There is a dungeon with n x m rooms arranged as a grid.
You are given a 2D array moveTime of size n x m, where moveTime[i][j] represents the minimum time in seconds when you can start moving to that room. You start from the room (0, 0) at time t = 0 and can move to an adjacent room. Moving between adjacent rooms takes one second for one move and two seconds for the next, alternating between the two.
Return the minimum time to reach the room (n - 1, m - 1).
Two rooms are adjacent if they share a common wall, either horizontally or vertically.
Example 1:
Input:moveTime = [[0,4],[4,4]]
Output: 7
Explanation:
The minimum time required is 7 seconds.
At time t == 4, move from room (0, 0) to room (1, 0) in one second.
At time t == 5, move from room (1, 0) to room (1, 1) in two seconds.
Example 2:
Input:moveTime = [[0,0,0,0],[0,0,0,0]]
Output: 6
Explanation:
The minimum time required is 6 seconds.
At time t == 0, move from room (0, 0) to room (1, 0) in one second.
At time t == 1, move from room (1, 0) to room (1, 1) in two seconds.
At time t == 3, move from room (1, 1) to room (1, 2) in one second.
At time t == 4, move from room (1, 2) to room (1, 3) in two seconds.
Example 3:
Input:moveTime = [[0,1],[1,2]]
Output: 4
Constraints:
2 <= n == moveTime.length <= 750
2 <= m == moveTime[i].length <= 750
0 <= moveTime[i][j] <= 109
Solutions
Solution 1: Dijkstra's Algorithm
We define a two-dimensional array $\textit{dist}$, where $\textit{dist}[i][j]$ represents the minimum time required to reach room $(i, j)$ from the starting point. Initially, we set all elements in the $\textit{dist}$ array to infinity, and then set the $\textit{dist}$ value of the starting point $(0, 0)$ to $0$.
We use a priority queue $\textit{pq}$ to store each state, where each state consists of three values $(d, i, j)$, representing the time $d$ required to reach room $(i, j)$ from the starting point. Initially, we add the starting point $(0, 0, 0)$ to $\textit{pq}$.

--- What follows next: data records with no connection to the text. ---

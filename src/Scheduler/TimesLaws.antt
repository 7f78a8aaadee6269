-- ===== src/Scheduler/TimesLaws.antt =====
-- What parseHMS and parseHourly of source/internal/scheduler/scheduler.go accept.
use bonghos.Base.{
  ℕ, ◌+◌, ◌/◌, ◌%◌, ◌≤◌, ◌≡◌, refl, ap, subst, ◌∙◌, List, [], ◌∷◌, ◌++◌, Option, none, some, ℤ, pos,
  negsuc, All, arith,
}
use bonghos.Base.Text.{Text, trim_space, is_space}
use bonghos.Base.Parse.{
  split_on, digits, atoi, NotSpace, Differs, trim_space-NotSpace, split_on-append, split_on-word,
}
use bonghos.Scheduler.Times.{
  TimeOfDay, upto, time_of, time_of_parts, parse_hms, minute_of, minute_of_parts, parse_hourly,
}

-- The time is one of a day.
pub record IsTime (t : TimeOfDay) : Type 0 where
  pub hour : t.hour ≤ 23
  pub minute : t.minute ≤ 59
  pub second : t.second ≤ 59

upto_bound : (high n : ℕ) (o : Option ℤ) → upto high o ≡ some n → n ≤ high
upto_bound high n (some (pos m)) h = ground (arith, h)
upto_bound high n (some (negsuc m)) h = cc h
upto_bound high n none h = cc h

time_of-IsTime :
    (h m s : Option ℕ) (t : TimeOfDay)
    → ((n : ℕ) → h ≡ some n → n ≤ 23)
    → ((n : ℕ) → m ≡ some n → n ≤ 59)
    → ((n : ℕ) → s ≡ some n → n ≤ 59)
    → time_of h m s ≡ some t
    → IsTime t
time_of-IsTime (some h) (some m) (some s) t b c d q =
    subst (λ (o : Option TimeOfDay). elim o [ none ↦ Unit | some u ↦ IsTime u ]) q
      (record { hour = b h refl; minute = c m refl; second = d s refl })
time_of-IsTime (some h) (some m) none t b c d q = cc q
time_of-IsTime (some h) none s t b c d q = cc q
time_of-IsTime none m s t b c d q = cc q

time_of_parts-IsTime : (parts : List Text) (t : TimeOfDay) → time_of_parts parts ≡ some t → IsTime t
time_of_parts-IsTime [] t q = cc q
time_of_parts-IsTime (h ∷ []) t q = cc q
time_of_parts-IsTime (h ∷ m ∷ []) t q =
    time_of-IsTime _ _ (some 0) t (λ n. upto_bound 23 n (atoi h)) (λ n. upto_bound 59 n (atoi m))
      (λ n e. ground (arith, e)) q
time_of_parts-IsTime (h ∷ m ∷ s ∷ []) t q =
    time_of-IsTime _ _ _ t (λ n. upto_bound 23 n (atoi h)) (λ n. upto_bound 59 n (atoi m))
      (λ n. upto_bound 59 n (atoi s)) q
time_of_parts-IsTime (h ∷ m ∷ s ∷ x ∷ more) t q = cc q

-- A time that parseHMS accepts is a time of a day.
pub parse_hms-IsTime : (value : Text) (t : TimeOfDay) → parse_hms value ≡ some t → IsTime t
unfolding parse_hms
parse_hms-IsTime value t h = time_of_parts-IsTime (split_on b':' (trim_space value)) t h

-- A number below a hundred in two digits.
abbrev pub two_digits : ℕ → Text
two_digits n = (b'0' + n / 10) ∷ (b'0' + n % 10) ∷ []

abbrev pub show_hms : TimeOfDay → Text
show_hms t = two_digits t.hour ++ b':' ∷ two_digits t.minute ++ b':' ∷ two_digits t.second

atoi-two_digits : (n : ℕ) → n ≤ 99 → atoi (two_digits n) ≡ some (pos n)
unfolding atoi digits
atoi-two_digits n h = ground arith

-- Two digits: no space and no colon among them.
digits-NotSpace : (n : ℕ) → n ≤ 99 → All NotSpace (two_digits n)
unfolding is_space
digits-NotSpace n h = (ground arith, (ground arith, tt))

digits-Differs : (n : ℕ) → n ≤ 99 → All (Differs b':') (two_digits n)
digits-Differs n h = (ground arith, (ground arith, tt))

upto-two_digits : (high n : ℕ) → n ≤ high → high ≤ 99 → upto high (atoi (two_digits n)) ≡ some n
upto-two_digits high n h k = let e : n ≤ 99 = omega arith in rw (atoi-two_digits n e) (ground arith)

split-show_hms :
    (t : TimeOfDay)
    → IsTime t
    → split_on b':' (show_hms t)
      ≡ two_digits t.hour ∷ two_digits t.minute ∷ two_digits t.second ∷ []
split-show_hms t h =
    split_on-append b':' (two_digits t.hour) _
      (digits-Differs t.hour (let b = h.hour in omega arith))
    ∙ ap (λ l. two_digits t.hour ∷ l)
        (split_on-append b':' (two_digits t.minute) _
            (digits-Differs t.minute (let b = h.minute in omega arith))
          ∙ ap (λ l. two_digits t.minute ∷ l)
              (split_on-word b':' (two_digits t.second)
                (digits-Differs t.second (let b = h.second in omega arith))))

All-append : (P : ℕ → Type 0) (xs ys : Text) → All P xs → All P ys → All P (xs ++ ys)
All-append P [] ys h k = k
All-append P (x ∷ xs) ys h k = (h.0, All-append P xs ys h.1 k)

show_hms-NotSpace : (t : TimeOfDay) → IsTime t → All NotSpace (show_hms t)
show_hms-NotSpace t h =
    All-append NotSpace (two_digits t.hour)
      (b':' ∷ two_digits t.minute ++ b':' ∷ two_digits t.second)
      (digits-NotSpace t.hour (let b = h.hour in omega arith))
      (
        colon,
        All-append NotSpace (two_digits t.minute) (b':' ∷ two_digits t.second)
            (digits-NotSpace t.minute (let b = h.minute in omega arith))
            (colon, digits-NotSpace t.second (let b = h.second in omega arith)),
      )
  where
    colon : NotSpace b':'
    colon = unfold is_space in refl

-- A time of a day that is written HH:MM:SS is read back.
pub parse_hms-show_hms : (t : TimeOfDay) → IsTime t → parse_hms (show_hms t) ≡ some t
unfolding parse_hms
parse_hms-show_hms t h =
    rw
      (
        trim_space-NotSpace (show_hms t) (show_hms-NotSpace t h),
        split-show_hms t h,
        upto-two_digits 23 t.hour h.hour (omega arith),
        upto-two_digits 59 t.minute h.minute (omega arith),
        upto-two_digits 59 t.second h.second (omega arith),
      )
      refl

minute_of_parts_bound :
    (parts : List Text) (m s : ℕ) → minute_of_parts parts ≡ some (m, s) → (m ≤ 59) × (s ≤ 59)
minute_of_parts_bound [] m s q = cc q
minute_of_parts_bound (a ∷ []) m s q = single (upto 59 (atoi a)) (λ n. upto_bound 59 n (atoi a)) q
  where
    single :
        (o : Option ℕ)
        → ((n : ℕ) → o ≡ some n → n ≤ 59)
        → minute_of o (some 0) ≡ some (m, s)
        → (m ≤ 59) × (s ≤ 59)
    single none b q = cc q
    single (some k) b q = let c = b k refl in ground (arith, q)
minute_of_parts_bound (a ∷ b ∷ []) m s q =
    both (upto 59 (atoi a)) (upto 59 (atoi b)) (λ n. upto_bound 59 n (atoi a))
      (λ n. upto_bound 59 n (atoi b)) q
  where
    both :
        (o p : Option ℕ)
        → ((n : ℕ) → o ≡ some n → n ≤ 59)
        → ((n : ℕ) → p ≡ some n → n ≤ 59)
        → minute_of o p ≡ some (m, s)
        → (m ≤ 59) × (s ≤ 59)
    both none p b d q = cc q
    both (some k) none b d q = cc q
    both (some k) (some l) b d q = let c = b k refl in let e = d l refl in ground (arith, q)
minute_of_parts_bound (a ∷ b ∷ c ∷ more) m s q = cc q

-- A minute and second that parseHourly accepts are those of an hour.
pub parse_hourly_bound :
    (value : Text) (m s : ℕ) → parse_hourly value ≡ some (m, s) → (m ≤ 59) × (s ≤ 59)
unfolding parse_hourly
parse_hourly_bound value m s h = minute_of_parts_bound (split_on b':' (trim_space value)) m s h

In each iteration, we take the front element $(d, i, j)$ from $\textit{pq}$. If $(i, j)$ is the endpoint, we return $d$. If $d$ is greater than $\textit{dist}[i][j]$, we skip this state. Otherwise, we enumerate the four adjacent positions $(x, y)$ of $(i, j)$. If $(x, y)$ is within the map, we calculate the final time $t$ from $(i, j)$ to $(x, y)$ as $t = \max(\textit{moveTime}[x][y], \textit{dist}[i][j]) + (i + j) \bmod 2 + 1$. If $t$ is less than $\textit{dist}[x][y]$, we update the value of $\textit{dist}[x][y]$ and add $(t, x, y)$ to $\textit{pq}$.
The time complexity is $O(n \times m \times \log (n \times m))$, and the space complexity is $O(n \times m)$. Here, $n$ and $m$ are the number of rows and columns of the map, respectively.